The result was that I ended up heading rapidly for the floor, with my cane and a catheter in one hand, and landed face down. It wouldn't have been so bad except, being tall, I rapidly ran out of space and hit my head on the tiles an the shower wall. Luckily for me. Newton's law of “irresistible force meets immovable object” takes no account of my having a hard skull. As a result, I was left lying on the floor, face down, between the wheelchair and the toilet bowl.

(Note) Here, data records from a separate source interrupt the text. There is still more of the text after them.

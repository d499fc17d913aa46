-- ===== src/Indexing/PariMatch/Verdict.antt =====
-- The status of each stored bet against the history of the chain.
use chiliztv_com.Indexing.PariMatch.Phases.{calm}
use chiliztv_com.Indexing.PariMatch.Once.{dispatch-Done, after_insert-bets}
use chiliztv_com.Indexing.PariMatch.Kept.{row-kept}
use chiliztv_com.Base.{
  true, All, ◌++◌, sym, ◌⊎◌, ℕ, List, [], ◌∷◌, ◌≡◌, refl, inl, inr, ap, ◌∙◌, Text, to_lower_case,
  any, Among, arith,
}
use chiliztv_com.Indexing.Bets.{
  insert_if_absent, BetRow, BetStatus, to_row, same_row, won, lost, refunded, pending,
}
use chiliztv_com.Indexing.Bets.Effects.{all_through}
use chiliztv_com.Indexing.PariMatch.{
  run_logs, other, leaderboard_record_failed, market_state_changed, market_created, Ledger,
  stake_refunded, MatchWithContract, dispatch, position_claimed, Event, position_taken,
  market_resolved, market_cancelled, ChainLog, bet_of,
}
use chiliztv_com.Indexing.PariMatch.Changes.{
  decision, verdict, placed, Places, settled_by, Evolves, kept_status, settle_from, cancel_from,
  SamePlaced, claim_from, insert_from,
}

abbrev Comes : ChainLog → Event → List BetRow → BetRow → Type 0
Comes log event rows new =
    ((old : BetRow) × Among old rows × Evolves log.address event old new)
    ⊎ ((market : ℕ) × (user : Text) × (outcome stake outcome_pool total_pool : ℕ) × (event
          ≡ position_taken market user outcome stake outcome_pool total_pool)
        × (new ≡ to_row (bet_of market user outcome stake outcome_pool total_pool log)))

stays :
    (log : ChainLog) (event : Event) (rows : List BetRow) (new : BetRow)
    → ((old : BetRow) → decision old log.address event pending ≡ pending)
    → ((old : BetRow) × Among old rows × SamePlaced old new)
    → Comes log event rows new
stays log event rows new d (old, m, (p, s)) =
    inl (old, m, kept_status log.address event old new p s (d old))

dispatch_from :
    (now : ℕ) (matches : List MatchWithContract) (log : ChainLog) (event : Event) (ledger : Ledger)
    (new : BetRow)
    → Among new (dispatch (calm now) matches log event ledger).bets
    → Comes log event ledger.bets new
unfolding dispatch
dispatch_from now matches log (position_taken market user outcome stake outcome_pool total_pool)
      ledger new m =
    let bet = bet_of market user outcome stake outcome_pool total_pool log in
    elim (insert_from bet ledger.bets new (
      rw (after_insert-bets now matches log ledger (insert_if_absent all_through bet ledger.bets))
        at m)) [
          | inl k ↦
              stays log (position_taken market user outcome stake outcome_pool total_pool)
                ledger.bets new (λ old. refl) (new, k, (refl, refl))
          | inr e ↦ inr (market, user, outcome, stake, outcome_pool, total_pool, refl, e)
        ]
dispatch_from now matches log (position_claimed market user payout) ledger new m =
    stays log (position_claimed market user payout) ledger.bets new (λ old. refl)
      (claim_from (to_lower_case log.address) market user payout log.block_timestamp ledger.bets new
        m)
dispatch_from now matches log (stake_refunded market user amount) ledger new m =
    stays log (stake_refunded market user amount) ledger.bets new (λ old. refl)
      (claim_from (to_lower_case log.address) market user amount log.block_timestamp ledger.bets new
        m)
dispatch_from now matches log (market_resolved market result) ledger new m =
    inl (settle_from log.address market result ledger.bets new m)
dispatch_from now matches log (market_cancelled market) ledger new m =
    inl (cancel_from log.address market ledger.bets new m)
dispatch_from now matches log (market_created market) ledger new m =
    stays log (market_created market) ledger.bets new (λ old. refl) (new, m, (refl, refl))
dispatch_from now matches log (market_state_changed market) ledger new m =
    stays log (market_state_changed market) ledger.bets new (λ old. refl) (new, m, (refl, refl))
dispatch_from now matches log leaderboard_record_failed ledger new m =
    stays log leaderboard_record_failed ledger.bets new (λ old. refl) (new, m, (refl, refl))
dispatch_from now matches log other ledger new m =
    stays log other ledger.bets new (λ old. refl) (new, m, (refl, refl))

-- A decision is final, so that what comes first counts.
decide_twice :
    (old : BetRow) (status : BetStatus) (address : Text) (event : Event) (rest : BetStatus)
    → settled_by (settled_by status (decision old address event pending)) rest
      ≡ settled_by status (decision old address event rest)
decide_twice old pending address (market_resolved market result) rest = ground arith
decide_twice old pending address (market_cancelled market) rest = ground arith
decide_twice old pending address (position_taken _ _ _ _ _ _) rest = refl
decide_twice old pending address (position_claimed _ _ _) rest = refl
decide_twice old pending address (stake_refunded _ _ _) rest = refl
decide_twice old pending address (market_created _) rest = refl
decide_twice old pending address (market_state_changed _) rest = refl
decide_twice old pending address leaderboard_record_failed rest = refl
decide_twice old pending address other rest = refl
decide_twice old won address event rest = refl
decide_twice old lost address event rest = refl
decide_twice old refunded address event rest = refl

-- What is decided of a bet hangs on how it was placed only.
decision-placed :
    (bet : BetRow) (address : Text) (event : Event) (rest : BetStatus)
    → decision (placed bet) address event rest ≡ decision bet address event rest
decision-placed bet address (market_resolved market result) rest = refl
decision-placed bet address (market_cancelled market) rest = refl
decision-placed bet address (position_taken _ _ _ _ _ _) rest = refl
decision-placed bet address (position_claimed _ _ _) rest = refl
decision-placed bet address (stake_refunded _ _ _) rest = refl
decision-placed bet address (market_created _) rest = refl
decision-placed bet address (market_state_changed _) rest = refl
decision-placed bet address leaderboard_record_failed rest = refl
decision-placed bet address other rest = refl

verdict-placed :
    (bet : BetRow) (logs : List ChainLog) → verdict (placed bet) logs ≡ verdict bet logs
verdict-placed bet [] = refl
verdict-placed bet (log ∷ logs) =
    ap (decision (placed bet) log.address log.event) (verdict-placed bet logs)
    ∙ decision-placed bet log.address log.event (verdict bet logs)

verdict_same :
    (a b : BetRow) (logs : List ChainLog) → placed a ≡ placed b → verdict a logs ≡ verdict b logs
verdict_same a b logs e =
    sym (verdict-placed a logs) ∙ ap (λ r. verdict r logs) e ∙ verdict-placed b logs

-- Where a stored bet comes from: from the table before, or from a log of its own.
abbrev Origin : List ChainLog → List BetRow → BetRow → Type 0
Origin logs rows new =
    ((old : BetRow) × Among old rows
      × (placed new ≡ placed old)
      × (new.status ≡ settled_by old.status (verdict old logs)))
    ⊎ ((before : List ChainLog) × (log : ChainLog) × (after : List ChainLog) × (logs
          ≡ before ++ log ∷ after)
        × Places log new
        × (new.status ≡ verdict new after))

settled_by_pending : (s : BetStatus) → s ≡ settled_by s pending
settled_by_pending pending = refl
settled_by_pending won = refl
settled_by_pending lost = refl
settled_by_pending refunded = refl

earlier :
    (log : ChainLog) (logs : List ChainLog) (rows : List BetRow) (mid new : BetRow)
    → Comes log log.event rows mid
    → placed new ≡ placed mid
    → new.status ≡ settled_by mid.status (verdict mid logs)
    → Origin (log ∷ logs) rows new
earlier log logs rows mid new (inl (old, m, (q, t))) p s = inl (
  old,
  m,
  p ∙ q,
  s
      ∙ ap (settled_by mid.status) (verdict_same mid old logs q)
      ∙ ap (λ status. settled_by status (verdict old logs)) t
      ∙ decide_twice old old.status log.address log.event (verdict old logs),
)
earlier log logs rows mid new (inr (market, user, outcome, stake, outcome_pool, total_pool, e, f)) p
      s =
    inr (
      [],
      log,
      logs,
      refl,
      (market, user, outcome, stake, outcome_pool, total_pool, e, p ∙ ap placed f),
      s
          ∙ ap (λ (r : BetRow). settled_by r.status (verdict mid logs)) f
          ∙ verdict_same mid new logs (sym p),
    )

run_logs_from :
    (now : ℕ) (matches : List MatchWithContract) (logs : List ChainLog) (ledger : Ledger)
    (new : BetRow)
    → Among new (run_logs (calm now) matches logs ledger).bets
    → Origin logs ledger.bets new
unfolding run_logs
run_logs_from now matches [] ledger new m = inl (new, m, refl, settled_by_pending new.status)
run_logs_from now matches (log ∷ logs) ledger new m =
    elim (run_logs_from now matches logs (dispatch (calm now) matches log log.event ledger) new m) [
      | inl (mid, n, p, s) ↦
          earlier log logs ledger.bets mid new
            (dispatch_from now matches log log.event ledger mid n) p s
      | inr (before, placing, after, e, places, s) ↦
          inr (log ∷ before, placing, after, ap (λ l. log ∷ l) e, places, s)
    ]

-- The bet of a log is in the table, by its coordinates.
abbrev pub IsKept : ChainLog → Event → List BetRow → Type 0
IsKept log (position_taken market user outcome stake outcome_pool total_pool) rows =
    any (same_row (to_row (bet_of market user outcome stake outcome_pool total_pool log))) rows
    ≡ true
IsKept log _ rows = Unit {0}

module _ (now : ℕ) (matches : List MatchWithContract) where
  run_logs-row :
      (bet : BetRow) (logs : List ChainLog) (ledger : Ledger)
      → any (same_row bet) ledger.bets ≡ true
      → any (same_row bet) (run_logs (calm now) matches logs ledger).bets ≡ true
  unfolding run_logs
  run_logs-row bet [] ledger h = h
  run_logs-row bet (log ∷ logs) ledger h =
      run_logs-row bet logs (dispatch (calm now) matches log log.event ledger)
        (row-kept now matches bet log log.event ledger h)

  run_logs-log :
      (log : ChainLog) (event : Event) (logs : List ChainLog) (ledger : Ledger)
      → IsKept log event
          (run_logs (calm now) matches logs (dispatch (calm now) matches log event ledger)).bets
  run_logs-log log (position_taken market user outcome stake outcome_pool total_pool) logs ledger =
      run_logs-row (to_row (bet_of market user outcome stake outcome_pool total_pool log)) logs _ (
        dispatch-Done now matches log
          (position_taken market user outcome stake outcome_pool total_pool) ledger)
  run_logs-log log (position_claimed _ _ _) logs ledger = tt
  run_logs-log log (stake_refunded _ _ _) logs ledger = tt
  run_logs-log log (market_resolved _ _) logs ledger = tt
  run_logs-log log (market_cancelled _) logs ledger = tt
  run_logs-log log (market_created _) logs ledger = tt
  run_logs-log log (market_state_changed _) logs ledger = tt
  run_logs-log log leaderboard_record_failed logs ledger = tt
  run_logs-log log other logs ledger = tt

  run_logs-IsKept :
      (logs : List ChainLog) (ledger : Ledger)
      → All (λ log. IsKept log log.event (run_logs (calm now) matches logs ledger).bets) logs
  unfolding run_logs
  run_logs-IsKept [] ledger = tt
  run_logs-IsKept (log ∷ logs) ledger = (
    run_logs-log log log.event logs ledger,
    run_logs-IsKept logs (dispatch (calm now) matches log log.event ledger),
  )

-- Where nothing fails, a history of the chain leaves in a table without bets a row for each log that
-- takes a position, and each bet there was placed by a log of it, with the data of that log, and has the
-- status that the logs after that one say: won or lost by the result of the first decision of its
-- market, refunded if that is a cancellation, and pending if there is none. Payments do not change it.
pub run_logs-verdict :
    (now : ℕ) (matches : List MatchWithContract) (logs : List ChainLog) (ledger : Ledger)
    → ledger.bets ≡ []
    → All (λ log. IsKept log log.event (run_logs (calm now) matches logs ledger).bets) logs
      × ((bet : BetRow)
          → Among bet (run_logs (calm now) matches logs ledger).bets
          → (before : List ChainLog) × (log : ChainLog) × (after : List ChainLog) × (logs
              ≡ before ++ log ∷ after)
            × Places log bet
            × (bet.status ≡ verdict bet after))
run_logs-verdict now matches logs ledger empty = (
  run_logs-IsKept now matches logs ledger,
  (λ bet m. elim (run_logs_from now matches logs ledger bet m) [
    | inl (old, n, _, _) ↦ absurd (rw empty at n)
    | inr found ↦ found
  ]),
)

I was actually, perversely, quite happy to lay there. Given the choice, I would probably have had a nap and waited until I felt more like moving. But I knew that I needed to get to the dentist. So I girded my loins (whatever that might mean) and eventually hauled my bulk into something approximating to an upright position, and plonked myself, gratefully, onto the wheelchair.

I made it to the dentist, albeit ten minutes late. And discovered I need root canal work on one of my teeth. Oh joy. My cup truly runneth over.

4 February 2011

I saw the MS nurse today. It was, as always, a total pleasure. I guess that, like others, she can't truly understand what it feels like to have MS, but she sees so many different people that she has a wonderful knowledge of the varying degrees to which we are affected and how we feel about them.

So I now have a new drug (yep, another addition to my armoury of medicaments). Clonazepam should stop the tremors in my right leg that stop me getting to sleep. Along with the Gabapentin, they should ease my nights and hopefully enable me to get longer periods of continuous sleep – which I badly need.

Update: The Clonazepam seems to be doing its job. I am now sleeping much better. Thank goodness for MS nurses. My latest heroine.